Out of the material that follows, write out exactly the lines from the line with "AllReport-append a b pa" to the line with "g' qs ta))))", both ends included, and no others.

Record set →
* * *

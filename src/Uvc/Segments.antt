-- ===== src/Uvc/Segments.antt =====
-- The frames that a stream reports are consecutive groups of its payload packets.
pub mod Rounds
use mathlib.Core.List.{append_assoc, append-nil}
use usbtrace.Common.{
  ℕ, zero, suc, ◌+◌, ◌≡◌, refl, sym, ◌∙◌, ap, subst, arith, Bool, true, false, List, [], ◌∷◌, ◌++◌,
  none, some, if◌then◌else◌, ◌&&◌, ◌||◌, not, ◌==◌, length, length-append,
}
use usbtrace.Common.Word.{u32}
use usbtrace.Records.{UvcFrameEvent}
use usbtrace.Uvc.State.{StreamState, VideoUrb, UvcRecord, frame, vb2}
use usbtrace.Uvc.Parse.{
  Packet, packet_fid, packet_eof, payload_of, start_frame, add_packet, frame_record, next_frame,
  Source, is_packet, zero_stream,
}

-- A group of packets: one that another FID cut off, or one that a packet with EOF ends.
pub data Group : Type 0 where
  cut : List Packet → Group
  ended : List Packet → Packet → Group

abbrev pub members : Group → List Packet
members (cut g) = g
members (ended g p) = g ++ (p ∷ [])

abbrev pub total : List Packet → ℕ
total [] = 0
total (p ∷ ps) = p.bytes + total ps

abbrev pub is_empty : List Packet → Bool
is_empty [] = true
is_empty (p ∷ ps) = false

-- All packets have this FID, and none has EOF.
abbrev pub is_open : ℕ → List Packet → Bool
is_open f [] = true
is_open f (p ∷ ps) = (packet_fid p == f && not (packet_eof p)) && is_open f ps

-- The record counts the bytes and the packets of the group, modulo 2^32.
abbrev pub Counts : UvcFrameEvent → List Packet → Type 0
Counts e g = (e.bytes ≡ u32 (total g)) × (e.packets ≡ u32 (length g))

-- The record describes the group. A group that is cut off is reported as errored.
unfoldable pub Reports : UvcFrameEvent → Group → Type 0
Reports e (cut g) =
    Counts e g
    × ((is_empty g ≡ false) × ((is_open e.fid g ≡ true) × ((e.eof ≡ 0) × (e.errored ≡ 1))))
Reports e (ended g p) =
    Counts e (g ++ (p ∷ []))
    × ((is_open e.fid g ≡ true) × ((packet_fid p ≡ e.fid) × ((packet_eof p ≡ true) × (e.eof ≡ 1))))

unfoldable pub AllReport : List (UvcFrameEvent × Group) → Type 0
AllReport [] = Unit {0}
AllReport ((e, g) ∷ rs) = Reports e g × AllReport rs

abbrev pub records : List (UvcFrameEvent × Group) → List UvcFrameEvent
records [] = []
records ((e, g) ∷ rs) = e ∷ records rs

abbrev pub packets_of : List (UvcFrameEvent × Group) → List Packet
packets_of [] = []
packets_of ((e, g) ∷ rs) = members g ++ packets_of rs

-- Does a packet with another FID come first?
abbrev pub starts_other : ℕ → List Packet → Bool
starts_other f [] = false
starts_other f (p ∷ ps) = not (packet_fid p == f)

-- After each group that was cut off comes a packet with another FID: the first of the next group, or
-- of the packets `after` the groups.
unfoldable pub Toggled : List (UvcFrameEvent × Group) → List Packet → Type 0
Toggled [] after = Unit {0}
Toggled ((e, cut g) ∷ rs) after =
    (starts_other e.fid (packets_of rs ++ after) ≡ true) × Toggled rs after
Toggled ((e, ended g p) ∷ rs) after = Toggled rs after

-- The state of a stream stands for the packets of the frame that has begun.
unfoldable pub Holds : StreamState → List Packet → Type 0
Holds st g =
    (st.active ≡ not (is_empty g))
    × (((is_empty g || st.have_fid) ≡ true)
        × ((is_open st.cur_fid g ≡ true)
            × ((st.cur_bytes ≡ u32 (total g)) × (st.cur_packets ≡ u32 (length g)))))

-- The state of a stream that is seen for the first time stands for no packet.
pub zero_stream-Holds : Holds zero_stream []
unfolding Holds
zero_stream-Holds = (refl, (refl, (refl, (refl, refl))))

-- From the packets `g` on, the packets `ps` are reported by the records `fs`, and `g'` is left,
-- before the packets `next`.
unfoldable pub SegmentedBefore :
    List Packet → List Packet → List Packet → List UvcFrameEvent → List Packet → Type 0
SegmentedBefore next g ps fs g' =
    (rs : List (UvcFrameEvent × Group)) × ((records rs ≡ fs)
      × ((packets_of rs ++ g' ≡ g ++ ps) × (AllReport rs × Toggled rs (g' ++ next))))

-- The same where no packet need follow.
unfoldable pub Segmented : List Packet → List Packet → List UvcFrameEvent → List Packet → Type 0
Segmented g ps fs g' =
    (rs : List (UvcFrameEvent × Group)) × ((records rs ≡ fs)
      × ((packets_of rs ++ g' ≡ g ++ ps) × (AllReport rs × Toggled rs g')))

-- The frame records among the records.
unfoldable pub frames_in : List UvcRecord → List UvcFrameEvent
frames_in [] = []
frames_in (frame e ∷ rs) = e ∷ frames_in rs
frames_in (vb2 e ∷ rs) = frames_in rs

-- The payload packet of a descriptor, if it has one.
unfoldable pub packet_at : VideoUrb → ℕ → List Packet
packet_at urb i = elim (urb.desc i) [
  | none ↦ []
  | some d ↦ elim (payload_of urb d) [ none ↦ [] | some p ↦ p ∷ [] ]
]

-- The payload packets of a URB from the descriptor `i` on, of at most so many descriptors.
unfoldable pub payloads : VideoUrb → ℕ → ℕ → List Packet
payloads urb i zero = []
payloads urb i (suc n) =
    let rest = payloads urb (suc i) n in
    if is_packet i urb.number_of_packets then packet_at urb i ++ rest else []

records-append : (a b : List (UvcFrameEvent × Group)) → records (a ++ b) ≡ records a ++ records b
records-append [] b = refl
records-append ((e, g) ∷ a) b = ap (λ x. e ∷ x) (records-append a b)

packets_of-append :
    (a b : List (UvcFrameEvent × Group)) → packets_of (a ++ b) ≡ packets_of a ++ packets_of b
packets_of-append [] b = refl
packets_of-append ((e, g) ∷ a) b =
    ap (λ x. members g ++ x) (packets_of-append a b)
    ∙ sym (append_assoc (members g) (packets_of a) (packets_of b))

AllReport-append :
    (a b : List (UvcFrameEvent × Group)) → AllReport a → AllReport b → AllReport (a ++ b)
unfolding AllReport
AllReport-append [] b p q = q
AllReport-append ((e, g) ∷ a) b (r, p) q = (r, AllReport-append a b p q)

starts_other-append :
    (f : ℕ) (a b : List Packet) → starts_other f a ≡ true → starts_other f (a ++ b) ≡ true
starts_other-append f [] b h = ground (arith, h)
starts_other-append f (p ∷ a) b h = h

Toggled-before :
    (rs : List (UvcFrameEvent × Group)) (g ps : List Packet) → Toggled rs g → Toggled rs (g ++ ps)
unfolding Toggled
Toggled-before [] g ps h = tt
Toggled-before ((e, cut c) ∷ rs) g ps (o, h) = (
  subst (λ x. starts_other e.fid x ≡ true) (append_assoc (packets_of rs) g ps)
      (starts_other-append e.fid (packets_of rs ++ g) ps o),
  Toggled-before rs g ps h,
)
Toggled-before ((e, ended c p) ∷ rs) g ps h = Toggled-before rs g ps h

Toggled-append :
    (a b : List (UvcFrameEvent × Group)) (g : List Packet)
    → Toggled a (packets_of b ++ g)
    → Toggled b g
    → Toggled (a ++ b) g
unfolding Toggled
Toggled-append [] b g h k = k
Toggled-append ((e, cut c) ∷ a) b g (o, h) k = (
  subst (λ x. starts_other e.fid x ≡ true)
      (sym (append_assoc (packets_of a) (packets_of b) g)
        ∙ ap (λ x. x ++ g) (sym (packets_of-append a b)))
      o,
  Toggled-append a b g h k,
)
Toggled-append ((e, ended c p) ∷ a) b g h k = Toggled-append a b g h k

-- What is reported before the packets `qs`, and then those.
pub SegmentedBefore-then :
    (g g' g'' ps qs : List Packet) (fs hs : List UvcFrameEvent)
    → SegmentedBefore qs g ps fs g'
    → Segmented g' qs hs g''
    → Segmented g (ps ++ qs) (fs ++ hs) g''
unfolding SegmentedBefore Segmented
SegmentedBefore-then g g' g'' ps qs fs hs (a, (ra, (ca, (pa, ta)))) (b, (rb, (cb, (pb, tb)))) = (
  a ++ b,
  (
    records-append a b ∙ (ap (λ x. x ++ records b) ra ∙ ap (λ x. fs ++ x) rb),
    (
      ap (λ x. x ++ g'') (packets_of-append a b)
          ∙ (append_assoc (packets_of a) (packets_of b) g''
              ∙ (ap (λ x. packets_of a ++ x) cb
                  ∙ (sym (append_assoc (packets_of a) g' qs)
                      ∙ (ap (λ x. x ++ qs) ca ∙ append_assoc g ps qs)))),
      (
        AllReport-append a b pa pb,
        Toggled-append a b g'' (subst (λ x. Toggled a x) (sym cb) ta) tb,
      ),
    ),
  ),
)

pub Segmented-trans :
    (g g' g'' ps qs : List Packet) (fs hs : List UvcFrameEvent)
    → Segmented g ps fs g'
    → Segmented g' qs hs g''
    → Segmented g (ps ++ qs) (fs ++ hs) g''
unfolding SegmentedBefore Segmented
Segmented-trans g g' g'' ps qs fs hs (a, (ra, (ca, (pa, ta)))) =
    SegmentedBefore-then g g' g'' ps qs fs hs (a, (ra, (ca, (pa, Toggled-before a g' qs ta))))

pub Segmented-none : (g : List Packet) → Segmented g [] [] g
unfolding Segmented AllReport Toggled
Segmented-none g = ([], (refl, (sym (append-nil g), (tt, tt))))
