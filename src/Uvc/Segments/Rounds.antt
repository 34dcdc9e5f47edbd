-- ===== src/Uvc/Segments/Rounds.antt =====
-- What the opening of a frame and the end of a packet report, in the body of the loop of
-- uvc_parse_frames.
use mathlib.Core.List.{append-nil}
use usbtrace.Common.{
  ℕ, ◌+◌, ◌≡◌, refl, sym, ◌∙◌, ap, subst, arith, Bool, true, false, List, [], ◌∷◌, ◌++◌, ◌&&◌, ◌||◌,
  not, ◌==◌, length, length-append,
}
use usbtrace.Common.Word.{u32}
use usbtrace.Records.{UvcFrameEvent}
use usbtrace.Uvc.State.{StreamState}
use usbtrace.Uvc.Parse.{
  Packet, packet_fid, packet_eof, start_frame, add_packet, frame_record, next_frame, Source,
}
use usbtrace.Uvc.Segments.{
  cut, ended, total, is_empty, is_open, Reports, AllReport, Toggled, Holds, Segmented,
  SegmentedBefore,
}

total-append : (a b : List Packet) → total (a ++ b) ≡ total a + total b
total-append [] b = omega arith
total-append (p ∷ a) b = omega (arith, total-append a b)

is_open-snoc :
    (f : ℕ) (g : List Packet) (p : Packet)
    → is_open f g ≡ true
    → packet_fid p ≡ f
    → packet_eof p ≡ false
    → is_open f (g ++ (p ∷ [])) ≡ true
is_open-snoc f [] p h e n = ground (arith, e, n)
is_open-snoc f (q ∷ g) p h e n = let ih = is_open-snoc f g p in ground (arith, h, e, n, ih)

-- The state is in a frame of this FID, whose packets so far are `g`.
unfoldable pub Ready : StreamState → ℕ → List Packet → Type 0
Ready st f g =
    (st.active ≡ true)
    × ((st.have_fid ≡ true)
        × ((st.cur_fid ≡ f)
            × ((is_open f g ≡ true)
                × ((st.cur_bytes ≡ u32 (total g)) × (st.cur_packets ≡ u32 (length g))))))

-- The records of the opening of a frame and the state, without the maps: by whether a frame is
-- active, and whether the FID has toggled.
unfoldable pub opening : Source → ℕ → StreamState → Bool → Bool → List UvcFrameEvent × StreamState
opening src fid st false toggled = ([], start_frame fid src.now st)
opening src fid st true true =
    (frame_record src st false ∷ [], start_frame fid src.now (next_frame src.now st))
opening src fid st true false = ([], st)

-- The same of the end of a packet, by whether it has EOF.
unfoldable pub closing : Source → Packet → StreamState → Bool → List UvcFrameEvent × StreamState
closing src p st true =
    (frame_record src (add_packet p st) true ∷ [], next_frame src.now (add_packet p st))
closing src p st false = ([], add_packet p st)

pub opening-SegmentedBefore :
    (src : Source) (next : Packet) (st : StreamState) (g : List Packet) (a t : Bool)
    → st.active ≡ a
    → (st.have_fid && not (packet_fid next == st.cur_fid)) ≡ t
    → Holds st g
    → (g' : List Packet) × (SegmentedBefore
          (next ∷ [])
          g
          []
          (opening src (packet_fid next) st a t).0
          g'
        × Ready (opening src (packet_fid next) st a t).1 (packet_fid next) g')
unfolding Holds SegmentedBefore Ready opening AllReport Toggled Reports frame_record start_frame
    next_frame
opening-SegmentedBefore src next st [] false t ha ht (a, (h, (o, (b, c)))) =
    ([], (([], (refl, (refl, (tt, tt)))), (refl, (refl, (refl, (refl, (b, c)))))))
opening-SegmentedBefore src next st (p ∷ g) false t ha ht (a, (h, (o, (b, c)))) =
    ground (arith, ha, a)
opening-SegmentedBefore src next st [] true t ha ht (a, (h, (o, (b, c)))) = ground (arith, ha, a)
opening-SegmentedBefore src next st (p ∷ g) true true ha ht (a, (h, (o, (b, c)))) =
    let other : not (packet_fid next == st.cur_fid) ≡ true = ground (arith, ht) in
    (
      [],
      (
        (
          (frame_record src st false, cut (p ∷ g)) ∷ [],
          (
            refl,
            (append-nil ((p ∷ g) ++ []), ((((b, c), (refl, (o, (refl, refl)))), tt), (other, tt))),
          ),
        ),
        (refl, (refl, (refl, (refl, (refl, refl))))),
      ),
    )
opening-SegmentedBefore src next st (p ∷ g) true false ha ht (a, (h, (o, (b, c)))) =
    let same : st.cur_fid ≡ packet_fid next = ground (arith, ht, h) in
    (
      p ∷ g,
      (
        ([], (refl, (sym (append-nil (p ∷ g)), (tt, tt)))),
        (a, (h, (same, (subst (λ x. is_open x (p ∷ g) ≡ true) same o, (b, c))))),
      ),
    )

snoc-bytes :
    (st : StreamState) (g : List Packet) (p : Packet)
    → st.cur_bytes ≡ u32 (total g)
    → (add_packet p st).cur_bytes ≡ u32 (total (g ++ (p ∷ [])))
unfolding add_packet
snoc-bytes st g p b = omega (arith, b, total-append g (p ∷ []))

snoc-packets :
    (st : StreamState) (g : List Packet) (p : Packet)
    → st.cur_packets ≡ u32 (length g)
    → (add_packet p st).cur_packets ≡ u32 (length (g ++ (p ∷ [])))
unfolding add_packet
snoc-packets st g p c = omega (arith, c, length-append g (p ∷ []))

is_empty-snoc : (g : List Packet) (p : Packet) → is_empty (g ++ (p ∷ [])) ≡ false
is_empty-snoc [] p = refl
is_empty-snoc (q ∷ g) p = refl

pub closing-Segmented :
    (src : Source) (p : Packet) (st : StreamState) (g : List Packet) (e : Bool)
    → packet_eof p ≡ e
    → Ready st (packet_fid p) g
    → (g' : List Packet) × (Segmented g (p ∷ []) (closing src p st e).0 g'
        × Holds (closing src p st e).1 g')
unfolding Holds Segmented Ready closing AllReport Toggled Reports frame_record add_packet next_frame
closing-Segmented src p st g true he (a, (h, (f, (o, (b, c))))) = (
  [],
  (
    (
      (frame_record src (add_packet p st) true, ended g p) ∷ [],
      (
        refl,
        (
          append-nil ((g ++ (p ∷ [])) ++ []) ∙ append-nil (g ++ (p ∷ [])),
          (
            (
              (
                (snoc-bytes st g p b, snoc-packets st g p c),
                (subst (λ x. is_open x g ≡ true) (sym f) o, (sym f, (he, refl))),
              ),
              tt,
            ),
            tt,
          ),
        ),
      ),
    ),
    (refl, (refl, (refl, (refl, refl)))),
  ),
)
closing-Segmented src p st g false he (a, (h, (f, (o, (b, c))))) = (
  g ++ (p ∷ []),
  (
    ([], (refl, (refl, (tt, tt)))),
    (
      a ∙ sym (ap not (is_empty-snoc g p)),
      (
        ap (λ x. x || st.have_fid) (is_empty-snoc g p) ∙ h,
        (
          is_open-snoc st.cur_fid g p (subst (λ x. is_open x g ≡ true) (sym f) o) (sym f) he,
          (snoc-bytes st g p b, snoc-packets st g p c),
        ),
      ),
    ),
  ),
)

* * *

Problem solution →
        AllReport-append a b pa pb,
        Toggled-append a b g'' (subst (λ x. Toggled a x) (sym cb) ta) tb,
      ),
    ),
  ),
)

pub Segmented-trans :
    (g g' g'' ps qs : List Packet) (fs hs : List UvcFrameEvent)
    → Segmented g ps fs g'
    → Segmented g' qs hs g''
    → Segmented g (ps ++ qs) (fs ++ hs) g''
unfolding SegmentedBefore Segmented
Segmented-trans g g' g'' ps qs fs hs (a, (ra, (ca, (pa, ta)))) =
    SegmentedBefore-then g g' g'' ps qs fs hs (a, (ra, (ca, (pa, Toggled-before a g' qs ta))))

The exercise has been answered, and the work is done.